To solve this stupid problem, I can use grep --line-buffered connected and be done with it, but what if I want a portable solution to the general problem of interactive workloads not involving a tty?

An awk(ward) solution

A discussion on shell utilities mentioning grep and sed wouldn’t be complete if awk wasn’t somehow also covered given the overlap that can exist between the three commands, to which I will promptly remedy.

As promised, I found another utility that suffers from full buffering if its output is not a tty, and that command is awk. While awk is very different from grep and less but still quite different from sed, my solution was to emulate my grep command with a small awk script.

The WTF moment

A quick search quickly led me to the GNU awk documentation, and as usual you can always count on awk when a utility lets you down. According to the docs all my problems can be solved with the fflush() function:

fflush([filename])

Flush any buffered output associated with filename, which is either a file opened for writing or a shell command for redirecting output to a pipe or coprocess.

[…]

POSIX standardizes fflush() as follows: if there is no argument, or if the argument is the null string (""), then awk flushes the buffers for all open output files and pipes.

Wondering why searching for the “buf” pattern in the POSIX awk manual yields nothing this time I look for “flush” and still no result. I’m not sure where the GNU awk folks got the idea that this was in POSIX, maybe it was discussed and strongly considered, but it’s not in the POSIX 2017 docs.

More awkwardness

Since I was in the neighborhood I kept reading to find what knobs I had to control the standard output and quickly came across a very awkward section:

Output Statements

Both print and printf statements shall write to standard output by default. The output shall be written to the location specified by output_redirection if one is supplied, as follows:

> expression>> expression| expression

In all cases, the expression shall be evaluated to produce a string that is used as a pathname into which to write (for '>' or ">>") or as a command to be executed (for '|' ).

Despite the weird formatting on the POSIX end, I sensed that I was onto something so I check GNU awk and nawk manuals to come to the conclusion that I could emulate my grep statement like this:

awk '/connected/ {print | "cat"}'

In other words, for each line from the nmcli output awk forks a shell to execute the cat command and the cat command will naturally flush its output when it exits. And with that the cat is out of the bag, there is no global solution with awk and if you script has multiple print statements you’ll need to pipe them all! (or wrap that in a function.)

Closing words

I can’t remember when I last ran into buffering problems with a shell script, it must have been at least a few years.

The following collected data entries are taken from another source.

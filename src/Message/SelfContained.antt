-- ===== src/Message/SelfContained.antt =====
-- What makes a message type self-contained: introspection.cpp against an inductive description.
use rmw_iceoryx.Common.{
  ℕ, ◌≡◌, refl, ◌↔◌, ◌⊎◌, inl, inr, true, false, Option, none, some, Bool-cases, arith,
}
use rmw_iceoryx.Message.{
  FieldTypes, MemberInfo, MessageMembers, members, MemberList, nil, cons, Nested, null_support,
  null_data, nested, TypeSupport, is_message, is_dynamic_string, is_dynamic_array, is_pod_members,
  is_pod_list, is_pod_nested, is_pod_pointer, is_pod,
}

-- What rosidl documents of a member's fields: an array of size 0 is a sequence, and one with an
-- upper bound is a sequence of at most so many elements; an array of another size is a part of the
-- message.
abbrev pub IsSequence : MemberInfo → Type 0
IsSequence member =
    (member.is_array ≡ true) × ((member.array_size ≡ 0) ⊎ (member.is_upper_bound ≡ true))

is_dynamic_array-IsSequence :
    (member : MemberInfo) → (is_dynamic_array member ≡ true) ↔ IsSequence member
unfolding is_dynamic_array
is_dynamic_array-IsSequence member = (
  λ e. elim (Bool-cases member.is_upper_bound) [
    | inl bounded ↦ (ground (arith, e), inr bounded)
    | inr free ↦ (ground (arith, e), inl (ground (arith, e, free)))
  ],
  λ (array, h). elim h [
    | inl unbounded ↦ ground (arith, array, unbounded)
    | inr bounded ↦ ground (arith, array, bounded)
  ],
)

is_dynamic_string-eq :
    (types : FieldTypes) (member : MemberInfo)
    → is_dynamic_string types member ≡ true
    → member.type_id ≡ types.ros_type_string
unfolding is_dynamic_string
is_dynamic_string-eq types member e = ground (arith, e)

is_message-eq :
    (types : FieldTypes) (member : MemberInfo)
    → is_message types member ≡ true
    → member.type_id ≡ types.ros_type_message
unfolding is_message
is_message-eq types member e = ground (arith, e)

-- Somewhere in the tree is a sequence, a string of narrow characters, or a nested message without
-- description.
mutual
  pub data Unfit (types : FieldTypes) : MemberList → Type 0 where
    dynamic :
        {member : MemberInfo} {below : Nested} {ms : MemberList}
        → IsSequence member ⊎ (member.type_id ≡ types.ros_type_string)
        → Unfit types (cons member below ms)
    inside :
        {member : MemberInfo} {below : Nested} {ms : MemberList}
        → member.type_id ≡ types.ros_type_message
        → UnfitNested types below
        → Unfit types (cons member below ms)
    later :
        {member : MemberInfo} {below : Nested} {ms : MemberList}
        → Unfit types ms
        → Unfit types (cons member below ms)

  pub data UnfitNested (types : FieldTypes) : Nested → Type 0 where
    no_support : UnfitNested types null_support
    no_data : UnfitNested types null_data
    deeper :
        {size : ℕ} {ms : MemberList} → Unfit types ms → UnfitNested types (nested (members size ms))

module _ (types : FieldTypes) where
  mutual
    unfolding is_pod_list

    Unfit-not_pod : {ms : MemberList} → Unfit types ms → is_pod_list types ms ≡ false
    Unfit-not_pod (dynamic d) = ground arith
    Unfit-not_pod (inside m u) = ground (arith, UnfitNested-not_pod u)
    Unfit-not_pod (later u) = ground (arith, Unfit-not_pod u)

    UnfitNested-not_pod :
        {below : Nested} → UnfitNested types below → is_pod_nested types below ≡ false
    UnfitNested-not_pod no_support = refl
    UnfitNested-not_pod no_data = refl
    UnfitNested-not_pod (deeper u) = Unfit-not_pod u

  mutual
    unfolding is_pod_list

    not_pod-Unfit : (ms : MemberList) → is_pod_list types ms ≡ false → Unfit types ms
    not_pod-Unfit nil e = absurd (cc)
    not_pod-Unfit (cons member below ms) e = elim (Bool-cases (is_dynamic_array member)) [
      | inl a ↦ dynamic (inl ((is_dynamic_array-IsSequence member).0 a))
      | inr a ↦ elim (Bool-cases (is_dynamic_string types member)) [
        | inl b ↦ dynamic (inr (is_dynamic_string-eq types member b))
        | inr b ↦ elim (Bool-cases (is_pod_list types ms)) [
          | inl c ↦
              inside (is_message-eq types member (ground (arith, a, b, c)))
                (not_pod-UnfitNested below (ground (arith, a, b, c)))
          | inr c ↦ later (not_pod-Unfit ms c)
        ]
      ]
    ]

    not_pod-UnfitNested :
        (below : Nested) → is_pod_nested types below ≡ false → UnfitNested types below
    not_pod-UnfitNested null_support e = no_support
    not_pod-UnfitNested null_data e = no_data
    not_pod-UnfitNested (nested ms) e = not_pod-UnfitMembers ms e

    not_pod-UnfitMembers :
        (ms : MessageMembers) → is_pod_members types ms ≡ false → UnfitNested types (nested ms)
    not_pod-UnfitMembers (members size ms) e = deeper (not_pod-Unfit ms e)

-- There is a description, and nothing unfit in it.
abbrev pub IsSelfContained : FieldTypes → Option MessageMembers → Type 0
IsSelfContained types none = ⊥
IsSelfContained types (some (members size ms)) = ¬ Unfit types ms

pod_pointer :
    (types : FieldTypes) (o : Option MessageMembers)
    → (is_pod_pointer types o ≡ true) ↔ IsSelfContained types o
unfolding is_pod_pointer
pod_pointer types none = (λ e. absurd (cc), λ h. absurd h)
pod_pointer types (some (members size ms)) = (
  λ e u. absurd (cc (Unfit-not_pod types u)),
  λ fit. elim (Bool-cases (is_pod_list types ms)) [
    | inl pod ↦ pod
    | inr not_pod ↦ absurd (fit (not_pod-Unfit types ms not_pod))
  ],
)

-- is_pod answers true exactly for the types whose description is given and whose members, at any
-- depth, have no sequence, which is an array of size 0 or with an upper bound, no member of
-- ROS_TYPE_STRING and no nested message without description. Wide strings do not count.
pub is_pod_iff :
    {Message : Type 0} (types : FieldTypes) (ts : TypeSupport Message)
    → (is_pod types ts ≡ true) ↔ IsSelfContained types ts.introspection_cpp
unfolding is_pod
is_pod_iff types ts = pod_pointer types ts.introspection_cpp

The difference between then and now is that nowadays I try to stick to portable code even when portability is not a requirement because I can always learn or rediscover something.

It’s a lot of waste to fork a shell and a cat process to emulate fflush(3) but that doesn’t bother me. The shell script doesn’t run a tight while loop and connecting to or disconnecting from a wireless network is not something that happens continuously. I also love how mentioning in a casual discussion that to solve a silly networking problem I forked a cat from shell in an awk script: it sounds like nonsensical plain English you could find in something like Alice in Wonderland, but I digress.

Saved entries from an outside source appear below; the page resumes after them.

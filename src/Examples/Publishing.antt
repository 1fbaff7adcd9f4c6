-- ===== src/Examples/Publishing.antt =====
-- Runs of the publisher and of what it stands on.
use rmw_iceoryx.Rmw.Publish.Outcomes.{rmw_publish-Publishes, Publishes, at_world}
use rmw_iceoryx.Registry
use rmw_iceoryx.Rmw.Publish.Checks.{publisher_functions_clean}
use rmw_iceoryx.Message.SelfContained.{IsSelfContained, is_pod_iff}
use rmw_iceoryx.Subscriber.{memcpy}
use rmw_iceoryx.Message.{
  FieldTypes, is_pod, serialized_message_size, TypeSupport, members, cons, null_support, nested,
  nil,
}
use rmw_iceoryx.Rmw.Publish.Messages.{rmw_publish-self, rmw_publish_keeps_loan}
use rmw_iceoryx.Publisher.Loans.{
  HasValidLoans, is_loaned, run, step, loans, held, publishes, is_loaned-step, returns, copies,
  LendsFresh, run-HasValidLoans,
}
use rmw_iceoryx.Registry.{SampleRegistry}
use rmw_iceoryx.Registry.Laws.{empty-IsValid}
use rmw_iceoryx.Publisher.{Session, publish_copy, loan, publish_loan}
use rmw_iceoryx.Errors.{RetCode}
use rmw_iceoryx.Rmw.Ensure.{rmw_iox2_identifier, IsCleanAt}
use rmw_iceoryx.Rmw.Serialize.{SerializedMessage, rmw_serialize}
use rmw_iceoryx.Rmw.Publish.{
  PublisherHandle, rmw_borrow_loaned_message, rmw_publish, publish_unserialized,
  rmw_publish_loaned_message, rmw_return_loaned_message_from_publisher,
  rmw_publish_serialized_message, publish_serialized,
}
use rmw_iceoryx.Examples.Ports.{publisher_port, byte_support}
use rmw_iceoryx.Common.{Bool, [], err, false, none, ok, refl, some, true, ◌↔◌, ◌∷◌, ◌≡◌, ℕ}

abbrev pub own_handle : Bool → PublisherHandle
own_handle can_loan = record {
  implementation_identifier = rmw_iox2_identifier;
  impl = some 1;
  topic_name = some 2;
  can_loan_messages = can_loan;
}

abbrev start : Session publisher_port
start = record {
  self = record {
    topic = [];
    typesupport = byte_support;
    unserialized_size = 1;
    service_name = [];
    registry = Registry.empty;
  };
  world = (7, []);
}

start-HasValidLoans : HasValidLoans start
start-HasValidLoans = empty-IsValid (λ s. s)

start-LendsFresh : LendsFresh start
unfolding Registry.retrieve
start-LendsFresh n sample e = refl

abbrev types : FieldTypes
types = record { ros_type_message = 18; ros_type_string = 16 }

-- A wide string, a nested message with an array of three, and a sequence of at most four.
abbrev mixed_support : TypeSupport ℕ
mixed_support = record (byte_support) {
  introspection_cpp = some (
      members 40 (
        cons (record { type_id = 17; is_array = false; array_size = 0; is_upper_bound = false })
          null_support
          (cons (record { type_id = 18; is_array = false; array_size = 0; is_upper_bound = false })
            (nested (
              members 3 (
                cons
                  (record { type_id = 8; is_array = true; array_size = 3; is_upper_bound = false })
                  null_support nil)))
            (cons (record { type_id = 8; is_array = true; array_size = 4; is_upper_bound = true })
              null_support nil))));
}

is_pod_iff_example :
    (is_pod types mixed_support ≡ true) ↔ IsSelfContained types mixed_support.introspection_cpp
is_pod_iff_example = is_pod_iff types mixed_support

run-HasValidLoans_example :
    HasValidLoans (run (loans 1 ∷ publishes 7 ∷ returns 7 ∷ copies [] ∷ []) start)
run-HasValidLoans_example =
    run-HasValidLoans (loans 1 ∷ publishes 7 ∷ returns 7 ∷ copies [] ∷ []) start start-HasValidLoans

is_loaned-step_example : is_loaned (step (loans 1) start) 7 ≡ held (loans 1) start 7
is_loaned-step_example = is_loaned-step (loans 1) start 7 start-HasValidLoans

abbrev empty_buffer : SerializedMessage
empty_buffer = record { buffer = 0 ∷ 0 ∷ []; buffer_length = 0 }

abbrev written_buffer : SerializedMessage
written_buffer = record { buffer = 5 ∷ 0 ∷ []; buffer_length = 1 }

serialized-five : rmw_serialize (some 5) (some byte_support) (some empty_buffer) ≡ ok written_buffer
unfolding rmw_serialize memcpy
serialized-five = refl

publisher_functions_clean_example :
    IsCleanAt start (rmw_publish none (some 5) start)
    × IsCleanAt start (rmw_borrow_loaned_message none none none start)
    × IsCleanAt start (rmw_return_loaned_message_from_publisher none (some 3) start)
    × IsCleanAt start (rmw_publish_loaned_message none (some 3) start)
    × IsCleanAt start (rmw_publish_serialized_message none none start)
publisher_functions_clean_example =
    publisher_functions_clean none (some 5) (some 3) none none none start

rmw_publish-self_example : (rmw_publish (some (own_handle true)) (some 5) start).1.self ≡ start.self
unfolding rmw_publish publish_unserialized publish_copy
rmw_publish-self_example =
    rmw_publish-self (some (own_handle true)) (some 5) start start-LendsFresh refl

-- A message that is not self-contained goes out from address 7.
rmw_publish-Publishes_example :
    (rmw_publish (some (own_handle false)) (some 5) start ≡ (ok tt, at_world start (8, 7 ∷ [])))
    ↔ Publishes start (at_world start (8, 7 ∷ [])) (some (own_handle false)) (some 5)
rmw_publish-Publishes_example =
    rmw_publish-Publishes (some (own_handle false)) (some 5) start (at_world start (8, 7 ∷ []))
      start-LendsFresh

-- And the publication has this outcome.
publishes_from_seven :
    rmw_publish (some (own_handle false)) (some 5) start ≡ (ok tt, at_world start (8, 7 ∷ []))
unfolding rmw_publish publish_serialized loan publish_loan Registry.retrieve Registry.find
    Registry.erase Registry.emplace Registry.store Registry.release rmw_serialize
    serialized_message_size memcpy
publishes_from_seven = refl

abbrev no_callbacks : Session publisher_port
no_callbacks = record start {
  self = record (start.self) { typesupport = record byte_support { fastrtps = none } };
}

rmw_publish_keeps_loan_example :
    ((rmw_publish (some (own_handle false)) (some 5) no_callbacks).0 ≡ err RetCode.error)
    × (is_loaned (rmw_publish (some (own_handle false)) (some 5) no_callbacks).1 7 ≡ true)
unfolding rmw_serialize
rmw_publish_keeps_loan_example =
    rmw_publish_keeps_loan (own_handle false) 5 no_callbacks 7 (8, []) RetCode.error (refl, refl)
      refl refl refl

The GNU awk manual also states that forking a shell should be enough to flush:

awk '/connected/ {print; system("")}'

Even though nawk behaves similarly, and GNU awk flushes without forking a shell for maximum efficiency, I see nothing of the sorts in the POSIX awk manual, so I’ll stick to my guns and ignore this claim.

Lessons learned: non free firmwares are to be avoided like a plague and much like a plague it’s kinda hard to avoid, you can’t always gawk at a manual and trust what it says, and POSIX 2017 failed to identify a decades old common pitfall that can trap even experienced shell script authors.